3. Resource Clean-Up (Phase 2)

When the demo duration passes, the coroutines hosting both collectors are cancelled. Active subscriber count drops back to 0.

[15:59:18.038] Cancelling Subscriber 1 collection...
[15:59:18.040] Cancelling Subscriber 2 collection...
[15:59:18.043] [callbackFlow] Inactive. Unregistering listener from EventGenerator inside awaitClose...
[15:59:18.044] [EventGenerator] Listener unregistered. Active listeners: 0
[15:59:18.044] [EventGenerator] Stopping background event generation (0 active listeners)...
[15:59:18.044] [EventGenerator] Event generation cancelled (coroutine stopped).

WhileSubscribed(stopTimeoutMillis = 0) immediately halts the upstream callbackFlow subscription. As collection stops, the block awaitClose is executed. The listener is unregistered from EventGenerator. Seeing zero registered listeners remaining, the generator stops its background coroutine immediately.

4. Quiet Period

During the quiet period, the terminal is completely silent. No computations are made, and CPU cycles are saved.

5. Resuming Subscription (Phase 3)

When new collectors subscribe to the same SharedFlow downstream, the lifecycle repeats naturally without manual re-instantiation of the stream:

--- PHASE 3: Subscribers 1 & 2 subscribing AGAIN ---
[15:59:30.054] [callbackFlow] Active. Subscribing to EventGenerator...
[15:59:30.054] [EventGenerator] Listener registered. Active listeners: 1
[15:59:30.054] [EventGenerator] Starting background event generation...

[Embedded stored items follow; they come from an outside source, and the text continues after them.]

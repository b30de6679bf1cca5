-- ===== src/Pending/Bulk.antt =====
-- What a withdrawal from several jars leaves pending (contract/src/feature/withdraw/api.rs, `withdraw_all`).
use sweat_jar.Base.{
  ◌+◌, ◌≤◌, ◌≡◌, ◌≢◌, refl, sym, ap, ◌∙◌, ◌⊎◌, true, false, inl, inr, subst, Option, some, List, [],
  ◌∷◌, ◌++◌, ok, arith, String, All, length, take, or_panic-eq-ok, jar_not_found,
}
use sweat_jar.Base.Dict.{lookup, lookup-insert_self}
use sweat_jar.Base.Ensures.{Ensures, returns, on_if_eq, after, given, outcome}
use sweat_jar.Product.{calculate_fee}
use sweat_jar.Jar.{Deposit, Jar, get_liquid_balance}
use sweat_jar.Jar.Liquid.{principal_sum, get_liquid_balance_lem}
use sweat_jar.Account.{Account, get_jar}
use sweat_jar.Contract.{Env, Contract, get_account, put_account, get_product, assert_gas}
use sweat_jar.Settle.{update_account_cache}
use sweat_jar.Claim.{gas_for_ft_transfer}
use sweat_jar.Withdraw.{
  WithdrawalRequest, request_for, collect_requests, listed_or_all, total_net_amount,
  transfer_bulk_withdraw, withdraw_all, gas_for_bulk_after_withdraw,
}
use sweat_jar.Catalog.Own.{IsOwn, cataloguer}
use sweat_jar.Keeper.Settling.{update_account_cache-IsKept}
use sweat_jar.Invariant.{IsContract, sound, get_account-IsAccount}
use sweat_jar.World.{after_bulk_withdraw_due}
use sweat_jar.Book.{jar_page}
use sweat_jar.Held.{IsHeld, holder}
use sweat_jar.Held.Slots.{Avoids, request_slots}
use sweat_jar.Held.Restakes.{held_locked}
use sweat_jar.Ledger.Partitions.{covered, IsListed-all}
use sweat_jar.Ledger.Pages.{IsSame}
use sweat_jar.Ledger.Due.{requested, counted_of}
use sweat_jar.Pending.{IsNewPromise}
use sweat_jar.Pending.Locks.{IsReady, lock_requested-IsReady, ready-IsCounted}
use sweat_jar.Pending.Catalogue.{IsCollected, IsUnique, IsUniqueList, listed-IsUnique}

module _ (env : Env) (c : Contract) (own : IsOwn c) (a : Account) where
  -- One jar's request.
  abbrev IsRequestOf : String → WithdrawalRequest → Type 0
  IsRequestOf id r =
      (r.product_id ≡ id)
      × (r.withdrawal.amount ≡ principal_sum (take r.partition_index (jar_page (lookup id a.jars))))
      × (r.partition_index ≤ length (jar_page (lookup id a.jars)))

  request_for-IsRequestOf :
      (id : String) {jar : Jar}
      → get_jar a id ≡ ok jar
      → Ensures (IsRequestOf id) (request_for env c jar id)
  unfolding request_for get_jar jar_page
  request_for-IsRequestOf id {jar} hj = after (get_product c id) _ λ p hp.
      after (get_liquid_balance jar p.terms env.now) _ λ b hb.
        after (calculate_fee p b.0) _ λ fee _.
          let page = ap jar_page (or_panic-eq-ok (lookup id a.jars) jar_not_found hj) in
          let (sum, bound) = get_liquid_balance_lem jar p.terms env.now hb in
          returns _ (
            own id p hp,
            sum ∙ ap (λ ds. principal_sum (take b.1 ds)) (sym page),
            omega (arith, bound, ap length page),
          )

  add_request :
      (id : String) (ids : List String) (r : WithdrawalRequest) (rs : List WithdrawalRequest)
      {jar : Jar}
      → get_jar a id ≡ ok jar
      → jar.is_locked ≡ false
      → All (λ j. j ≢ id) ids
      → IsRequestOf id r
      → IsCollected a ids rs
      → IsCollected a (id ∷ ids) (r ∷ rs)
  unfolding covered get_jar
  add_request id ids r rs {jar} hj unlocked others (product, amount, bound)
        (distinct, sum, bounds, free, fresh) =
      let page : jar_page (lookup r.product_id a.jars) ≡ jar_page (lookup id a.jars) =
        ap (λ j. jar_page (lookup j a.jars)) product in
      let n = r.partition_index in
      (
        (rw product (fresh id others), distinct),
        omega (arith, sum, amount, ap (λ ds. principal_sum (take n ds)) page),
        (omega (arith, bound, ap length page), bounds),
        (
          (
            jar,
            ap (λ j. lookup j a.jars) product ∙ or_panic-eq-ok (lookup id a.jars) jar_not_found hj,
            unlocked,
          ),
          free,
        ),
        λ x (other, rest). ((λ is. other (sym product ∙ is)), fresh x rest),
      )

  skip_request :
      (id : String) (ids : List String) (rs : List WithdrawalRequest)
      → IsCollected a ids rs
      → IsCollected a (id ∷ ids) rs
  skip_request id ids rs (distinct, sum, bounds, free, fresh) =
      (distinct, sum, bounds, free, λ x (_, rest). fresh x rest)

  -- What one step of the loop adds.
  abbrev IsRest : String → Jar → List WithdrawalRequest → Type 0
  IsRest id jar rest =
      (rest ≡ [])
      ⊎ ((r : WithdrawalRequest) × (rest ≡ r ∷ []) × (jar.is_locked ≡ false) × IsRequestOf id r)

  collect_requests-IsCollected :
      (ids : List String)
      → IsUnique ids
      → Ensures (IsCollected a ids) (collect_requests env c a ids)
  unfolding collect_requests covered
  collect_requests-IsCollected [] unique = returns [] (tt, refl, tt, tt, λ x h. tt)
  collect_requests-IsCollected (id ∷ ids) (others, unique) = after (get_jar a id) _ λ jar hj.
      given _
        (on_if_eq {Q = IsRest id jar} jar.is_locked _ _ (λ _. returns [] (inl refl))
          (λ unlocked.
            given _ (request_for-IsRequestOf id hj)
              λ r hr. returns _ (inr (r, refl, unlocked, hr))))
        λ rest hrest. given _ (collect_requests-IsCollected ids unique) λ more h.
          returns _ (elim hrest [
            | inl none_made ↦
                subst (λ l. IsCollected a (id ∷ ids) (l ++ more)) (sym none_made)
                  (skip_request id ids more h)
            | inr (r, one, unlocked, hr) ↦
                subst (λ l. IsCollected a (id ∷ ids) (l ++ more)) (sym one)
                  (add_request id ids r more hj unlocked others hr h)
          ])

  collected-fresh :
      (rs : List WithdrawalRequest) (id p : String) (front : List Deposit)
      → IsHeld id p front c
      → get_account c env.predecessor ≡ ok a
      → All
          (λ r. (jar : Jar) × (lookup r.product_id a.jars ≡ some jar) × (jar.is_locked ≡ false))
          rs
      → env.predecessor ≡ id
      → Avoids p (request_slots rs)
  collected-fresh [] id p front held ha free same = tt
  collected-fresh (r ∷ rs) id p front held ha ((jar, found, unlocked), free) same = (
    λ is.
        let locked =
          held_locked id p front c env.predecessor held ha same
            (ap (λ key. lookup key a.jars) (sym is) ∙ found) in
        absurd (let e : true ≡ false = sym locked ∙ unlocked in cc),
    collected-fresh rs id p front held ha free same,
  )

  bulk-IsNew :
      (c0 : Contract) (ids : List String) (rs : List WithdrawalRequest)
      → ((id p : String) (front : List Deposit) → IsHeld id p front c0 → IsHeld id p front c)
      → get_account c env.predecessor ≡ ok a
      → IsCollected a ids rs
      → (b : Account) → IsSame a b
      → IsReady (request_slots rs) b
      → Ensures
          (IsNewPromise after_bulk_withdraw_due c0)
          (transfer_bulk_withdraw env (put_account c env.predecessor b) env.predecessor rs)
  unfolding transfer_bulk_withdraw put_account counted_of
  bulk-IsNew c0 ids [] carried ha h b same ready = returns _ tt
  bulk-IsNew c0 ids (r ∷ rs) carried ha (distinct, sum, bounds, free, _) b same ready =
      let id = env.predecessor in
      let pages : String → List Deposit = λ j. jar_page (lookup j a.jars) in
      after (assert_gas env (gas_for_ft_transfer + gas_for_bulk_after_withdraw)) _ λ _ _.
        after (total_net_amount (r ∷ rs)) _ λ net _. returns _ (
          (
            distinct,
            ready-IsCounted pages (put_account c id b) id b (request_slots (r ∷ rs))
                (requested (r ∷ rs)) (lookup-insert_self id b c.accounts)
                (IsListed-all pages (request_slots (r ∷ rs)) b same.0) bounds sum ready,
          ),
          λ owner p front held.
              collected-fresh (r ∷ rs) owner p front (carried owner p front held) ha free,
        )

pub withdraw_all-IsNew :
    (env : Env) (c : Contract) (ids : Option (List String))
    → IsContract env.now c
    → IsOwn c
    → IsUniqueList ids
    → Ensures (IsNewPromise after_bulk_withdraw_due c) (withdraw_all env c ids)
unfolding withdraw_all
withdraw_all-IsNew env c ids hc own unique =
    after (update_account_cache c env.predecessor env.now) _ λ c1 hs.
      after (get_account c1 env.predecessor) _ λ a ha.
        let sound1 =
          outcome _ (update_account_cache-IsKept (sound env.now) c env.predecessor hc) hs in
        let own1 =
          outcome _ (update_account_cache-IsKept (cataloguer env.now) c env.predecessor own) hs in
        let map = (outcome _ (get_account-IsAccount env.now c1 env.predecessor sound1) ha).0 in
        given _
          (collect_requests-IsCollected env c1 own1 a (listed_or_all ids a)
            (listed-IsUnique ids a map unique))
          λ rs collected. given _ (lock_requested-IsReady rs [] a tt) λ b (same, ready, _).
            bulk-IsNew env c1 own1 a c (listed_or_all ids a) rs
              (λ id p front held.
                outcome _
                  (update_account_cache-IsKept (holder env.now id p front) c env.predecessor held)
                  hs)
              ha collected b same ready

The generator kicks off its event pipeline again, picking up where it left off (starting with Event #11), multicasting items to the newly registered subscribers.


Key Design Insights

  1. SharingStarted.WhileSubscribed:
    • The stopTimeoutMillis parameter configures a grace period before stopping the upstream collection. Setting this to 0 terminates it immediately. If configured as 5000 (5 seconds), sudden UI reconstruction events (such as Android device rotation) won’t cause upstream unsubscription and re-subscription, keeping event streams continuous and lightweight.
  2. Safe Buffering via trySend:
    • Inside callbackFlow, data is pushed via trySend(event). Unlike the suspending send(event) method, trySend is non-blocking and immediately returns a status. If downstream consumers are slow and buffers are full, events are handled safely rather than blocking the thread.
  3. Robust Lifecycle Cleanup in awaitClose:
    • The awaitClose block is guaranteed to execute whether the flow completes normally, fails with an exception, or is cancelled by a coroutine scope destruction. It is the ideal place to close sockets, tear down observers, or unregister hardware sensor listeners.

Conclusion

Combining callbackFlow + shareIn using the WhileSubscribed policy provides an elegant, safe, and robust solution for mapping any callback-based asynchronous datasource to Kotlin’s reactive streams. It eliminates resource leaks natively while enabling seamless stream sharing across an unlimited number of concurrent consumers.